What is expected
Stop after the line that contains "pub idle_timeout : Duration"; until then, restate each line of the entries word for word from the very first.

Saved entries
━━━━━━

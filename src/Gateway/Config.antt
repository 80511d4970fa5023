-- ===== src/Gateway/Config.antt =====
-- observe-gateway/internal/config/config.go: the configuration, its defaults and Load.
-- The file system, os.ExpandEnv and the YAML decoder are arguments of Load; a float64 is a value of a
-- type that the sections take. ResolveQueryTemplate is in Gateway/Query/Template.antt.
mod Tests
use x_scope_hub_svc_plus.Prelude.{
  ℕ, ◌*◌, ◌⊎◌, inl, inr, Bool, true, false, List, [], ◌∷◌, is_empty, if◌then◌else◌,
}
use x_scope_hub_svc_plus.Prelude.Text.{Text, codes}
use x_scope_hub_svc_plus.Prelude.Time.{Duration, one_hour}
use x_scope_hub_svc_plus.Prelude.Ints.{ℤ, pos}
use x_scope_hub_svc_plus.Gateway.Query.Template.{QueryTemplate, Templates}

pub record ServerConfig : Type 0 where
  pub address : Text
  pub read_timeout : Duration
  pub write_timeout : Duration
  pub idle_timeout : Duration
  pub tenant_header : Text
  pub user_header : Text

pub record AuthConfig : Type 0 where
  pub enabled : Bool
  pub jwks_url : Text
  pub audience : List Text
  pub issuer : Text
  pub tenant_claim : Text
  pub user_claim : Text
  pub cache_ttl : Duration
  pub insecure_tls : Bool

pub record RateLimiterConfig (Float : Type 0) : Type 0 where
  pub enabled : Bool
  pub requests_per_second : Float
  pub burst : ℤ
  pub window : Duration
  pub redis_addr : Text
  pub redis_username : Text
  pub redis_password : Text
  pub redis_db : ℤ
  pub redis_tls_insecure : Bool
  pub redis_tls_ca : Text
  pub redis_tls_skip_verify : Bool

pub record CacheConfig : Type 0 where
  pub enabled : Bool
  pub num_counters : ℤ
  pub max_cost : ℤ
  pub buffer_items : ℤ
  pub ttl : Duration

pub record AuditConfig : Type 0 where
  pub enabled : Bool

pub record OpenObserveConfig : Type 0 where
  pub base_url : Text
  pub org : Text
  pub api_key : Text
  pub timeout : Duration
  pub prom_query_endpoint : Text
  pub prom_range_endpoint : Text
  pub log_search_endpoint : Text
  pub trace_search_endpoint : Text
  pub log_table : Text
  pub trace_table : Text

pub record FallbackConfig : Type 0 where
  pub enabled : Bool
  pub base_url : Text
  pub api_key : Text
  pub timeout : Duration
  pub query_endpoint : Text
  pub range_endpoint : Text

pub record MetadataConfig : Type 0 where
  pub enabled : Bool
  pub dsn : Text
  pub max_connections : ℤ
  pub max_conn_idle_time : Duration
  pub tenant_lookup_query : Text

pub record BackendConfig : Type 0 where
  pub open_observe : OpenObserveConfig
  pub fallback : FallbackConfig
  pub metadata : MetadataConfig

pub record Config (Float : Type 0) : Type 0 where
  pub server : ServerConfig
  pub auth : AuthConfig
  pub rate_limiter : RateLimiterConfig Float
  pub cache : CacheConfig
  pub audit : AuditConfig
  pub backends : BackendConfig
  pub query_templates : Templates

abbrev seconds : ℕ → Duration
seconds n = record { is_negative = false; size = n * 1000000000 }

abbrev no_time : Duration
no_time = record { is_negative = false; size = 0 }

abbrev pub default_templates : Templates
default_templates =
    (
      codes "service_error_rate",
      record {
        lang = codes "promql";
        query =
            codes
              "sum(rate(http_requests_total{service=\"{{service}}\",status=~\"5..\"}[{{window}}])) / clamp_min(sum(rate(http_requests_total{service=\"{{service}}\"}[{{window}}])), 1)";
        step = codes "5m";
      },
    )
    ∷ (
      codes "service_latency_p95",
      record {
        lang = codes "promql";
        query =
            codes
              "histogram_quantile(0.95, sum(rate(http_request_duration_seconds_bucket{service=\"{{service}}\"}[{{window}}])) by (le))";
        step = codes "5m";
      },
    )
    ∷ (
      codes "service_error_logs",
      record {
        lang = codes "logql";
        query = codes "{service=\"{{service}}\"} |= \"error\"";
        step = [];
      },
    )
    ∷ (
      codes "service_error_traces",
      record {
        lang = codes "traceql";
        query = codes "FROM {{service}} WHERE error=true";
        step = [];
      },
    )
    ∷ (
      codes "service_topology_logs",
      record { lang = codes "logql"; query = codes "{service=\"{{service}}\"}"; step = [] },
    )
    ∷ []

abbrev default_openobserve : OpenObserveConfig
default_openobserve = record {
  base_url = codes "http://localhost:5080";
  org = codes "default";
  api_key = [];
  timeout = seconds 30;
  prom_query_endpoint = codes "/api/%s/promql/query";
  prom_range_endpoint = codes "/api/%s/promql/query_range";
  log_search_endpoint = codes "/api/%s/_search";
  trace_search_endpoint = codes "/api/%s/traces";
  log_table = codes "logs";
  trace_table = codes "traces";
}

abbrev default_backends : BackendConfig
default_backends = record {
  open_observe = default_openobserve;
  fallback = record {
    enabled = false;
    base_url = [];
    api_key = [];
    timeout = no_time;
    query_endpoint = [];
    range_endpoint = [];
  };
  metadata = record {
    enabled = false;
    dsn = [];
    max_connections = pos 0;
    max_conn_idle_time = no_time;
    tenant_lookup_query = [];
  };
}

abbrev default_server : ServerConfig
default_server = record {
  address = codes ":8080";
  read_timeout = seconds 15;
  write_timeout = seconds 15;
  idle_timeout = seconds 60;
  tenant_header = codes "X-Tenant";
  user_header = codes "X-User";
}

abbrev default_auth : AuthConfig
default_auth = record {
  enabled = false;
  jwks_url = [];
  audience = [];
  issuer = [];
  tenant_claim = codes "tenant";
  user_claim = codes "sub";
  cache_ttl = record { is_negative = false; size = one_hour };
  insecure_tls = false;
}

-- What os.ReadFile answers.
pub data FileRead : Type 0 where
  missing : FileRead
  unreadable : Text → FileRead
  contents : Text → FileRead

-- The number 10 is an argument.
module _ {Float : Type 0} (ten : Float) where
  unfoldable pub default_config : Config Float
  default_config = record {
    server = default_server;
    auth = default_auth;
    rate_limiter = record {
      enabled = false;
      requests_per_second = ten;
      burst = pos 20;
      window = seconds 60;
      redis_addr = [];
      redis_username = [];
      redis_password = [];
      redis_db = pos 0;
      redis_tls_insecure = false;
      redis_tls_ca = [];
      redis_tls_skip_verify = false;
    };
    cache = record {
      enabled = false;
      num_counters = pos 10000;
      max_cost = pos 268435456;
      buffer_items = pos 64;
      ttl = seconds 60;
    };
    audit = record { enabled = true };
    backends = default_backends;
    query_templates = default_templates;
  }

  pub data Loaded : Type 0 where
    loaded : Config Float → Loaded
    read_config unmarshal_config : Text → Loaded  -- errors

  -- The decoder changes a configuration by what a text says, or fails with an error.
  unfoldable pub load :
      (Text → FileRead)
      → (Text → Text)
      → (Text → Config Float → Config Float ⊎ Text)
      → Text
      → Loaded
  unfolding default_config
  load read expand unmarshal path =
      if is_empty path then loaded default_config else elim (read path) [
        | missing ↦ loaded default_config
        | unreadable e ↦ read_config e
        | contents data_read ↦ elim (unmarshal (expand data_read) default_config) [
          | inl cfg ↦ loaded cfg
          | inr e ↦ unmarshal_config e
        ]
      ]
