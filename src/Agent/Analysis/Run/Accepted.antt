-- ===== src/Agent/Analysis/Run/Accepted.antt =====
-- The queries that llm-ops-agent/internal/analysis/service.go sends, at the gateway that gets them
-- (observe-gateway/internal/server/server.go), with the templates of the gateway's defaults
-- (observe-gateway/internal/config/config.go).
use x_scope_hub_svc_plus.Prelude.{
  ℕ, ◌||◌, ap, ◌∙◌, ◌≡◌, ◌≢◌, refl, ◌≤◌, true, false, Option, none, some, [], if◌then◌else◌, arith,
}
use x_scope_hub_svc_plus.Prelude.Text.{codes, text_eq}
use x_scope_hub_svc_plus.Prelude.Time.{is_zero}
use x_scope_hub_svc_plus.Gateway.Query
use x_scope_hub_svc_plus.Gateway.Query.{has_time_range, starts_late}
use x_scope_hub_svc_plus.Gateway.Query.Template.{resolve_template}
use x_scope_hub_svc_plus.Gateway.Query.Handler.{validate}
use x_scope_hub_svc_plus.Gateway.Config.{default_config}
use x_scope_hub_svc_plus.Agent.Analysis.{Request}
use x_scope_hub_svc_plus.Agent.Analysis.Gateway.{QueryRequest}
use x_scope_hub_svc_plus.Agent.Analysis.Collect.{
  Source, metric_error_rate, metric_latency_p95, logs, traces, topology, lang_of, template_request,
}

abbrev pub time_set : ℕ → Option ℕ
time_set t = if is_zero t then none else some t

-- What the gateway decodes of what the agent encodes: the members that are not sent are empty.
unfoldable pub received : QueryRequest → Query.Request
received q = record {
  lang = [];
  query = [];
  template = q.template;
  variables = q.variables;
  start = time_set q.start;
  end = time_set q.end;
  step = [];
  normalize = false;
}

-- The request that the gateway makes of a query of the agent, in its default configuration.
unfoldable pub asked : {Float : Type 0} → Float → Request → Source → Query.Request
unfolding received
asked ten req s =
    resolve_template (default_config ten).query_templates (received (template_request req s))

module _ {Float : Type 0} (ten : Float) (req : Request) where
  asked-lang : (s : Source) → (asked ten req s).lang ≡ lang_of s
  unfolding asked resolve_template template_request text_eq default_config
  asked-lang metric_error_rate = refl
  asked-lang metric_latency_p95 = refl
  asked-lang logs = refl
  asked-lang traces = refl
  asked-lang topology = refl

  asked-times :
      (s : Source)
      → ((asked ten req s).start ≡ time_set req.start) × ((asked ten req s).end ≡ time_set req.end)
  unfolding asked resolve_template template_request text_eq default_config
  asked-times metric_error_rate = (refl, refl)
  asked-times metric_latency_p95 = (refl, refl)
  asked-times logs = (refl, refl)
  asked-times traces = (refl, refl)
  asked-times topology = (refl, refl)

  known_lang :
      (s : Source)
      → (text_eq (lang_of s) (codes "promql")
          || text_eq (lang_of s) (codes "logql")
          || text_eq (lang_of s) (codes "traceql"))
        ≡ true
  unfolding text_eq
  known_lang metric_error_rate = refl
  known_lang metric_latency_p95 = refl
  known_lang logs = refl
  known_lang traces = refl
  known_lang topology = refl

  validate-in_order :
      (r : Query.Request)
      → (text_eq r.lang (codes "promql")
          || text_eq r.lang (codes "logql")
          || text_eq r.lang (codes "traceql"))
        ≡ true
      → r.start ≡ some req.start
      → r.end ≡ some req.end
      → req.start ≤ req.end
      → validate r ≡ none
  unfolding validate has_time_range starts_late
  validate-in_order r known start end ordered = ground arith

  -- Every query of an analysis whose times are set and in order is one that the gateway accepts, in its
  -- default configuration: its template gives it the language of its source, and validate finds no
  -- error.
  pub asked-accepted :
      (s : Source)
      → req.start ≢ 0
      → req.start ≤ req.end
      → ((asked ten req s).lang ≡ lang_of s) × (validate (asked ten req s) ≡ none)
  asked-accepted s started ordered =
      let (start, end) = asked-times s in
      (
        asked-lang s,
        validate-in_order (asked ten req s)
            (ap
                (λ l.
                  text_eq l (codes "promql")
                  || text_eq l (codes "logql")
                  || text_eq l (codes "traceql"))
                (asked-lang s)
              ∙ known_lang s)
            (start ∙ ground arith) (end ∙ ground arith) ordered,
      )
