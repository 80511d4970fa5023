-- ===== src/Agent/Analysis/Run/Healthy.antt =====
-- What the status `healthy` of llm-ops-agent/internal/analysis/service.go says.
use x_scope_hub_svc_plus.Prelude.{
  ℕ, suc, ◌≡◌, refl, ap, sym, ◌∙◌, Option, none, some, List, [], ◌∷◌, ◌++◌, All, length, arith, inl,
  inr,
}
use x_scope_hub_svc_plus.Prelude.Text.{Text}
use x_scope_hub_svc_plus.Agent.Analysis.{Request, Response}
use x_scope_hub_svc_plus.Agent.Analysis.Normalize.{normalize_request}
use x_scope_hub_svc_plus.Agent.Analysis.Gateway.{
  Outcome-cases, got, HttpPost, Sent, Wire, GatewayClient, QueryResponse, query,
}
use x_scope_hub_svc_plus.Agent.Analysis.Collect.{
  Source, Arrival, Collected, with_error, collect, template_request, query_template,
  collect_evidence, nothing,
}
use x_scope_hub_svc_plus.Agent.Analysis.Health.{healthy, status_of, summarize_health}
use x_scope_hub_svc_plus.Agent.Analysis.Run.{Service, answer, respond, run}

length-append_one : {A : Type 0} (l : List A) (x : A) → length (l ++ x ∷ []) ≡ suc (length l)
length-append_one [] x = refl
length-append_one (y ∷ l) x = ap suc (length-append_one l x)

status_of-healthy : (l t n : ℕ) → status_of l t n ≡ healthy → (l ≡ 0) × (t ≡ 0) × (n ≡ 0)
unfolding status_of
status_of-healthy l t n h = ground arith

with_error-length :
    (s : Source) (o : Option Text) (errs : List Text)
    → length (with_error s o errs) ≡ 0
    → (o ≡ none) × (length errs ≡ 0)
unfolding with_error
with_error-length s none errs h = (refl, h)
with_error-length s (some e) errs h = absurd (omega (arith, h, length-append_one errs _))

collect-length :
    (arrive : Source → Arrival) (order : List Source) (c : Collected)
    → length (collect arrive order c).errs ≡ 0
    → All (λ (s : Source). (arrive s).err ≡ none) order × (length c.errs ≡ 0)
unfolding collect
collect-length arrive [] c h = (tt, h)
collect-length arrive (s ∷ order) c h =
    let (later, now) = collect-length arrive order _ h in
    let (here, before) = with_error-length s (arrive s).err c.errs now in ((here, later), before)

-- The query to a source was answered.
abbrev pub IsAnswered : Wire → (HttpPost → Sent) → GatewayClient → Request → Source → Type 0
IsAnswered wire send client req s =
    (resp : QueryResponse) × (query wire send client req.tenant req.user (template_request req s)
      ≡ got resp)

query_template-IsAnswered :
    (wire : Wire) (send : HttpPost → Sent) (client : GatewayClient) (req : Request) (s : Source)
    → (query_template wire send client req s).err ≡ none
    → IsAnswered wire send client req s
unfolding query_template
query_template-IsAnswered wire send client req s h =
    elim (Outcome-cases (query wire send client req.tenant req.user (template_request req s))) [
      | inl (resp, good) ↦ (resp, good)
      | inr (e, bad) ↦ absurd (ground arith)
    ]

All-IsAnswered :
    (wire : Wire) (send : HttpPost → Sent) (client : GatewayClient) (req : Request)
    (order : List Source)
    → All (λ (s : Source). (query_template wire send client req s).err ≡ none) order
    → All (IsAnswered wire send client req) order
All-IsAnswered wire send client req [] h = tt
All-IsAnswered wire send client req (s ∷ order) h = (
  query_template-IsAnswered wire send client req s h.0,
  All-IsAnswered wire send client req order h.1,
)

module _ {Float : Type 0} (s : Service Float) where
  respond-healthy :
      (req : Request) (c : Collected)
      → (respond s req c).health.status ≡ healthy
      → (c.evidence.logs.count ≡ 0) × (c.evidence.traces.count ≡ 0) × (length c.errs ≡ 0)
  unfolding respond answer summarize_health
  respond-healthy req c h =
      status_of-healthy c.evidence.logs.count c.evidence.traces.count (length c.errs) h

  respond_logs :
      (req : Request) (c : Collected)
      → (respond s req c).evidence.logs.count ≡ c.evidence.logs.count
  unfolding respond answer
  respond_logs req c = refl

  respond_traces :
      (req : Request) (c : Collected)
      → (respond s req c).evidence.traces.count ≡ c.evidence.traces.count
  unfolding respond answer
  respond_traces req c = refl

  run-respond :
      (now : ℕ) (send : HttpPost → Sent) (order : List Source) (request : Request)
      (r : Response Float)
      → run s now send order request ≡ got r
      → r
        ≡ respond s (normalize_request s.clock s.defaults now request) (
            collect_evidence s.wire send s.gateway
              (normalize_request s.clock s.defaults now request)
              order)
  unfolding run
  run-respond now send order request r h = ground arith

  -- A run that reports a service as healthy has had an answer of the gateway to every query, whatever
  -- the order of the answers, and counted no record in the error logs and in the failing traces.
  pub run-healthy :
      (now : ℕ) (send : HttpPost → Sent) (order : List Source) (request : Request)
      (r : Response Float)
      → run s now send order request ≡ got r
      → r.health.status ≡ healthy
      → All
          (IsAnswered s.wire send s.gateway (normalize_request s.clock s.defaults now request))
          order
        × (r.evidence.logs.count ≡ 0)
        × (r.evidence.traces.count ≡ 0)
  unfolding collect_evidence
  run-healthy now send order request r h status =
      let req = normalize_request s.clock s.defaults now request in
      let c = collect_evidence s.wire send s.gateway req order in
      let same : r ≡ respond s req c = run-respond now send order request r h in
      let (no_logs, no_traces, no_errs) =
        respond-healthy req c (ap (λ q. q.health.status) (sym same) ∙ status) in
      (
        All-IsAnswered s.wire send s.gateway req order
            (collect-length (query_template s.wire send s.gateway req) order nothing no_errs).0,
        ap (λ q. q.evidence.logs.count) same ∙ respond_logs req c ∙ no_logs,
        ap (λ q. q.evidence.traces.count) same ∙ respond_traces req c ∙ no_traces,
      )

━━━━━━

Answer for the task
filename src/Gateway/Config.antt
repository 80511d4970fa5023
-- ===== src/Gateway/Config.antt =====
-- observe-gateway/internal/config/config.go: the configuration, its defaults and Load.
-- The file system, os.ExpandEnv and the YAML decoder are arguments of Load; a float64 is a value of a
-- type that the sections take. ResolveQueryTemplate is in Gateway/Query/Template.antt.
mod Tests
use x_scope_hub_svc_plus.Prelude.{
  ℕ, ◌*◌, ◌⊎◌, inl, inr, Bool, true, false, List, [], ◌∷◌, is_empty, if◌then◌else◌,
}
use x_scope_hub_svc_plus.Prelude.Text.{Text, codes}
use x_scope_hub_svc_plus.Prelude.Time.{Duration, one_hour}
use x_scope_hub_svc_plus.Prelude.Ints.{ℤ, pos}
use x_scope_hub_svc_plus.Gateway.Query.Template.{QueryTemplate, Templates}

pub record ServerConfig : Type 0 where
  pub address : Text
  pub read_timeout : Duration
  pub write_timeout : Duration
  pub idle_timeout : Duration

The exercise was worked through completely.